Data for the task below:

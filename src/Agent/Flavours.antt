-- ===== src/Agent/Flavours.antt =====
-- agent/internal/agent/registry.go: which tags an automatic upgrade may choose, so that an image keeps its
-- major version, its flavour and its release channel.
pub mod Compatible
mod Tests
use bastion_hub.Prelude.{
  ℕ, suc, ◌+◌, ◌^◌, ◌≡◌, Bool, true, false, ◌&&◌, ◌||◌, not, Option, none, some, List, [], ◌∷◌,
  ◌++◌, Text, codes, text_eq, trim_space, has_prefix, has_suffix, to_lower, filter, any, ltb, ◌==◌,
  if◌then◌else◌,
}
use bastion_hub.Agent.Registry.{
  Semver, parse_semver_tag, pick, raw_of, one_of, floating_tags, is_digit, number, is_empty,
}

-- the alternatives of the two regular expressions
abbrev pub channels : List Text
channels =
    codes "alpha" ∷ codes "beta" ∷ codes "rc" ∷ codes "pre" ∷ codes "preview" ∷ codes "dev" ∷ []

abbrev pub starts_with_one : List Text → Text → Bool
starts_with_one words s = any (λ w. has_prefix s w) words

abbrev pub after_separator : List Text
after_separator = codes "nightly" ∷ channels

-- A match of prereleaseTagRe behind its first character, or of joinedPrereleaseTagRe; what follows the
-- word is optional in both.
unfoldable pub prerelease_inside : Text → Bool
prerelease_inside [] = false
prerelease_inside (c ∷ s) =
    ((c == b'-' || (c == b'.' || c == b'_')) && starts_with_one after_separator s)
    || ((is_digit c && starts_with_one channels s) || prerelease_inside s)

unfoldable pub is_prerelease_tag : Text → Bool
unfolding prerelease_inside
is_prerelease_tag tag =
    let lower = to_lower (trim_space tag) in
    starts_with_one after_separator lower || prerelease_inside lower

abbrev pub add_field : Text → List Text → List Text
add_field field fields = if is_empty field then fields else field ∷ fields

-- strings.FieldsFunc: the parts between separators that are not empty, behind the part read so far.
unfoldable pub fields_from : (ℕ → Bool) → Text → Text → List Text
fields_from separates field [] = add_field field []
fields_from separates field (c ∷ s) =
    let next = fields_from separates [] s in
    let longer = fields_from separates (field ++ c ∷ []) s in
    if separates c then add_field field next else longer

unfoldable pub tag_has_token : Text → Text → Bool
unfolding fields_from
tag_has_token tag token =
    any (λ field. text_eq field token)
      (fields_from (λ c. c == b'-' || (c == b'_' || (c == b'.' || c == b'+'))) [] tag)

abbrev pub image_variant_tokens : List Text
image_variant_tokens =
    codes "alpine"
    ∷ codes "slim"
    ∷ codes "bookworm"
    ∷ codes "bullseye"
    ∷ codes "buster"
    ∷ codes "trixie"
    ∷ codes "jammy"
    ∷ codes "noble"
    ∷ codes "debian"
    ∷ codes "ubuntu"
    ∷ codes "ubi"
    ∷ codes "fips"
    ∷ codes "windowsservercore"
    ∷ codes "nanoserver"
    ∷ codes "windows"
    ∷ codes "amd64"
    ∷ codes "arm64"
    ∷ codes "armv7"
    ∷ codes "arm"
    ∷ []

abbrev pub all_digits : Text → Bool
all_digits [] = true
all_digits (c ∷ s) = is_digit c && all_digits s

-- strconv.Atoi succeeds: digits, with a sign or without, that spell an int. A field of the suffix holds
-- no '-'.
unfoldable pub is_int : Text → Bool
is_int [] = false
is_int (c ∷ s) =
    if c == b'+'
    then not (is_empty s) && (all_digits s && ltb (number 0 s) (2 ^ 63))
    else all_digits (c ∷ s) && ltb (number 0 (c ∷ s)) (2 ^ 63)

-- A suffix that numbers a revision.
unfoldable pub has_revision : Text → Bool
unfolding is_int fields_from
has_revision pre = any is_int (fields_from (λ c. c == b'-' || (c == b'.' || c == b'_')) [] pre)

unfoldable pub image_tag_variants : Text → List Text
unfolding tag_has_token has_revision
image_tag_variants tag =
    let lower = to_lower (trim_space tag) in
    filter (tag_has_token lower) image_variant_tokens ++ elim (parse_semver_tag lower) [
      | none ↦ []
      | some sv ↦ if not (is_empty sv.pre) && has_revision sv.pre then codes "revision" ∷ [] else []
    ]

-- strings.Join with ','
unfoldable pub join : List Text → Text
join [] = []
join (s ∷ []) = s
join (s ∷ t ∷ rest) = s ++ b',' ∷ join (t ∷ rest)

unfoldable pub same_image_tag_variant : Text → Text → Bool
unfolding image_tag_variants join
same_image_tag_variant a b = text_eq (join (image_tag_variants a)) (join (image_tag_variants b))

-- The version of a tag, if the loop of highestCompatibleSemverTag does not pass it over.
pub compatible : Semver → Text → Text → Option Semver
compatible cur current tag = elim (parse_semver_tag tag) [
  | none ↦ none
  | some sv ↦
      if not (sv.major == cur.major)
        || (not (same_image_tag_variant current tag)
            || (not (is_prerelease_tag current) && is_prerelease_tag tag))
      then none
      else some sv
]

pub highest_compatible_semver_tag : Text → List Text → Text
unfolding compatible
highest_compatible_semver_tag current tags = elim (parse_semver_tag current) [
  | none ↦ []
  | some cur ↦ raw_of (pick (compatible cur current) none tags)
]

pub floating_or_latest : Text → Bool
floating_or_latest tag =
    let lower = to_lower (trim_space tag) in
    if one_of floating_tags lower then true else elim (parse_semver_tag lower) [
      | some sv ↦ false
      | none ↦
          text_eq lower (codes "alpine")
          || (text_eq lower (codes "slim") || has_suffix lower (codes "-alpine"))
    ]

End of Data for the task.
Data for the task below:

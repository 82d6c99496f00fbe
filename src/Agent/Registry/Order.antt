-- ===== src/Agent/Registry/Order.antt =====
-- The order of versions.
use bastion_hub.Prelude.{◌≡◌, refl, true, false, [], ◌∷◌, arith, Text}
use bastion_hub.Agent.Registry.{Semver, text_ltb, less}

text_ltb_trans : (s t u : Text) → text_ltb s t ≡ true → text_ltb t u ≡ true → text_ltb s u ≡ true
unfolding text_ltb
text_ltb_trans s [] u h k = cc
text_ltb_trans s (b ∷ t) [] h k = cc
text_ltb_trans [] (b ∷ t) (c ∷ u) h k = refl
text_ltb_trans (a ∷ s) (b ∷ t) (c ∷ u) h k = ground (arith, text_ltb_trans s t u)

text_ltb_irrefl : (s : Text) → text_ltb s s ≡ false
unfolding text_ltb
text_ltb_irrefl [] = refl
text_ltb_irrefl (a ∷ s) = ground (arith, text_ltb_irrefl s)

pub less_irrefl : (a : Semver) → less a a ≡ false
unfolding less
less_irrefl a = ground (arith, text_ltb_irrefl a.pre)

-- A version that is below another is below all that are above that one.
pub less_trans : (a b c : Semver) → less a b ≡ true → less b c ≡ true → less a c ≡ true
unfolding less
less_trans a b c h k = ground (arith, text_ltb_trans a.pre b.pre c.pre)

End of Data for the task.
Data for the task below:

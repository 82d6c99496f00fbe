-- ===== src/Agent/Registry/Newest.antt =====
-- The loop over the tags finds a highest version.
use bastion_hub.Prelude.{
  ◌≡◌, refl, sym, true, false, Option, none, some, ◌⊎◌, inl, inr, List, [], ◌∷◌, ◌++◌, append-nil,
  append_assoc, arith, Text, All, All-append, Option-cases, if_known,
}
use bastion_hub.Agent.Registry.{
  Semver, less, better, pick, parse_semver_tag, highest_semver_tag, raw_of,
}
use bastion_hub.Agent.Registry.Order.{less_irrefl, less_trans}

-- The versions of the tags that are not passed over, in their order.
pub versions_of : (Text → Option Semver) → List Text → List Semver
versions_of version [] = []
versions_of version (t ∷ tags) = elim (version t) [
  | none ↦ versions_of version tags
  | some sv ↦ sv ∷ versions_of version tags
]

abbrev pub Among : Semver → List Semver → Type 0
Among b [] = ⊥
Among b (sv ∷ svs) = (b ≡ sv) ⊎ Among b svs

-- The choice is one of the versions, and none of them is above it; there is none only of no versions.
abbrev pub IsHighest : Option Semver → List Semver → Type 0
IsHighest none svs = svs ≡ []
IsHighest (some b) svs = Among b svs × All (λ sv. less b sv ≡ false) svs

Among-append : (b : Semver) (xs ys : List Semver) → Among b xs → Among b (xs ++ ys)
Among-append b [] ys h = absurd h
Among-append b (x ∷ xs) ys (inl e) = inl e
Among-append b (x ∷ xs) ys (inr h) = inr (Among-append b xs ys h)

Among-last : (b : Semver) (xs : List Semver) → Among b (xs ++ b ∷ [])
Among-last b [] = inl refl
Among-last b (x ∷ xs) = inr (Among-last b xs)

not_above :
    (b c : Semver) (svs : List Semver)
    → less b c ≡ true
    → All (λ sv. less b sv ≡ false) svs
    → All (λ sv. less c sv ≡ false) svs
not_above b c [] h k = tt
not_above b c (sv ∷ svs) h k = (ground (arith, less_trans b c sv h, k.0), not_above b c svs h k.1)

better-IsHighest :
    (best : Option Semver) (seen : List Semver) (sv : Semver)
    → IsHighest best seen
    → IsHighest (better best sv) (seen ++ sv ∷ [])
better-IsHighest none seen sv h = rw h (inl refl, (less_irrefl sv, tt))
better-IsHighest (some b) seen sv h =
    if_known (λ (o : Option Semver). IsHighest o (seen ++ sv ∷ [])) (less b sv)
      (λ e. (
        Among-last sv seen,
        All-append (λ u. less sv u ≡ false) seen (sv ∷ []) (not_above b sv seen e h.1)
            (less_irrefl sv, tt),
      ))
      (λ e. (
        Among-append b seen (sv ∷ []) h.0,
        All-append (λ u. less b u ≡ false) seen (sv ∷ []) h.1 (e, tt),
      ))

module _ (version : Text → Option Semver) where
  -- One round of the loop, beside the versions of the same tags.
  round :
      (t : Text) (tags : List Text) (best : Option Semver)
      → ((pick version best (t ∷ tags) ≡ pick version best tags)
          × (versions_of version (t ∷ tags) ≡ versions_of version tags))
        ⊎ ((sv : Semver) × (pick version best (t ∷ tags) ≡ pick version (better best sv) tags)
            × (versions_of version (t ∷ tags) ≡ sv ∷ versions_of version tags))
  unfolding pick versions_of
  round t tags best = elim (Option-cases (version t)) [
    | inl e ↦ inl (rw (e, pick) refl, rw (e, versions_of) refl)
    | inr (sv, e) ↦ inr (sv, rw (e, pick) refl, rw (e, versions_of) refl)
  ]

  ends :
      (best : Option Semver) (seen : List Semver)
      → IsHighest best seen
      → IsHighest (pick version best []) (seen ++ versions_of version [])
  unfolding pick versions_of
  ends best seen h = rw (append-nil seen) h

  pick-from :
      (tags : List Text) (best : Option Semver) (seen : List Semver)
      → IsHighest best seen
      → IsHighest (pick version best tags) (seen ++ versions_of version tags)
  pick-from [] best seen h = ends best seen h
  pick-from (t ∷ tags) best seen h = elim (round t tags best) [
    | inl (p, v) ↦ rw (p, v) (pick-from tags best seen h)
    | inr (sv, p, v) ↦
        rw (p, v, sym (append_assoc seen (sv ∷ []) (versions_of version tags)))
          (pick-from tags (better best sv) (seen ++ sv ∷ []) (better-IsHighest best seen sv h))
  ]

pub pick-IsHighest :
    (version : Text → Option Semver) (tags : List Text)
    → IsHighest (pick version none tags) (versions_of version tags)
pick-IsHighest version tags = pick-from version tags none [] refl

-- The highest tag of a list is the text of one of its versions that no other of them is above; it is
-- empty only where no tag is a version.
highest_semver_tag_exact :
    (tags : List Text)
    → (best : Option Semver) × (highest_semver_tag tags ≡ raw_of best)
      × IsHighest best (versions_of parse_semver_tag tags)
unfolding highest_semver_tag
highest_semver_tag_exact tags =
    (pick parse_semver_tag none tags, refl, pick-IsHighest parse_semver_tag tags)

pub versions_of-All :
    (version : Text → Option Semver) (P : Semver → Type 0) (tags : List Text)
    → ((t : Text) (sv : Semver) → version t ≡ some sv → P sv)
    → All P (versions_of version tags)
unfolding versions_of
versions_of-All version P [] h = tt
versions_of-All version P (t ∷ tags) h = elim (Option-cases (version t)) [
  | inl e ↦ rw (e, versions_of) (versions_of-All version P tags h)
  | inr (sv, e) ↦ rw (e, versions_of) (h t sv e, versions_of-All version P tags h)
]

End of Data for the task.

:: Brief ::
Reproduce verbatim only the segment of the listing bounded by the line containing "-- major version, its" and the line containing "starts_with_one after_separator lower", with both boundary lines included.

:: The answer ::
-- major version, its flavour and its release channel.
pub mod Compatible
mod Tests
use bastion_hub.Prelude.{
  ℕ, suc, ◌+◌, ◌^◌, ◌≡◌, Bool, true, false, ◌&&◌, ◌||◌, not, Option, none, some, List, [], ◌∷◌,
  ◌++◌, Text, codes, text_eq, trim_space, has_prefix, has_suffix, to_lower, filter, any, ltb, ◌==◌,
  if◌then◌else◌,
}
use bastion_hub.Agent.Registry.{
  Semver, parse_semver_tag, pick, raw_of, one_of, floating_tags, is_digit, number, is_empty,
}

-- the alternatives of the two regular expressions
abbrev pub channels : List Text
channels =
    codes "alpha" ∷ codes "beta" ∷ codes "rc" ∷ codes "pre" ∷ codes "preview" ∷ codes "dev" ∷ []

abbrev pub starts_with_one : List Text → Text → Bool
starts_with_one words s = any (λ w. has_prefix s w) words

abbrev pub after_separator : List Text
after_separator = codes "nightly" ∷ channels

-- A match of prereleaseTagRe behind its first character, or of joinedPrereleaseTagRe; what follows the
-- word is optional in both.
unfoldable pub prerelease_inside : Text → Bool
prerelease_inside [] = false
prerelease_inside (c ∷ s) =
    ((c == b'-' || (c == b'.' || c == b'_')) && starts_with_one after_separator s)
    || ((is_digit c && starts_with_one channels s) || prerelease_inside s)

unfoldable pub is_prerelease_tag : Text → Bool
unfolding prerelease_inside
is_prerelease_tag tag =
    let lower = to_lower (trim_space tag) in
    starts_with_one after_separator lower || prerelease_inside lower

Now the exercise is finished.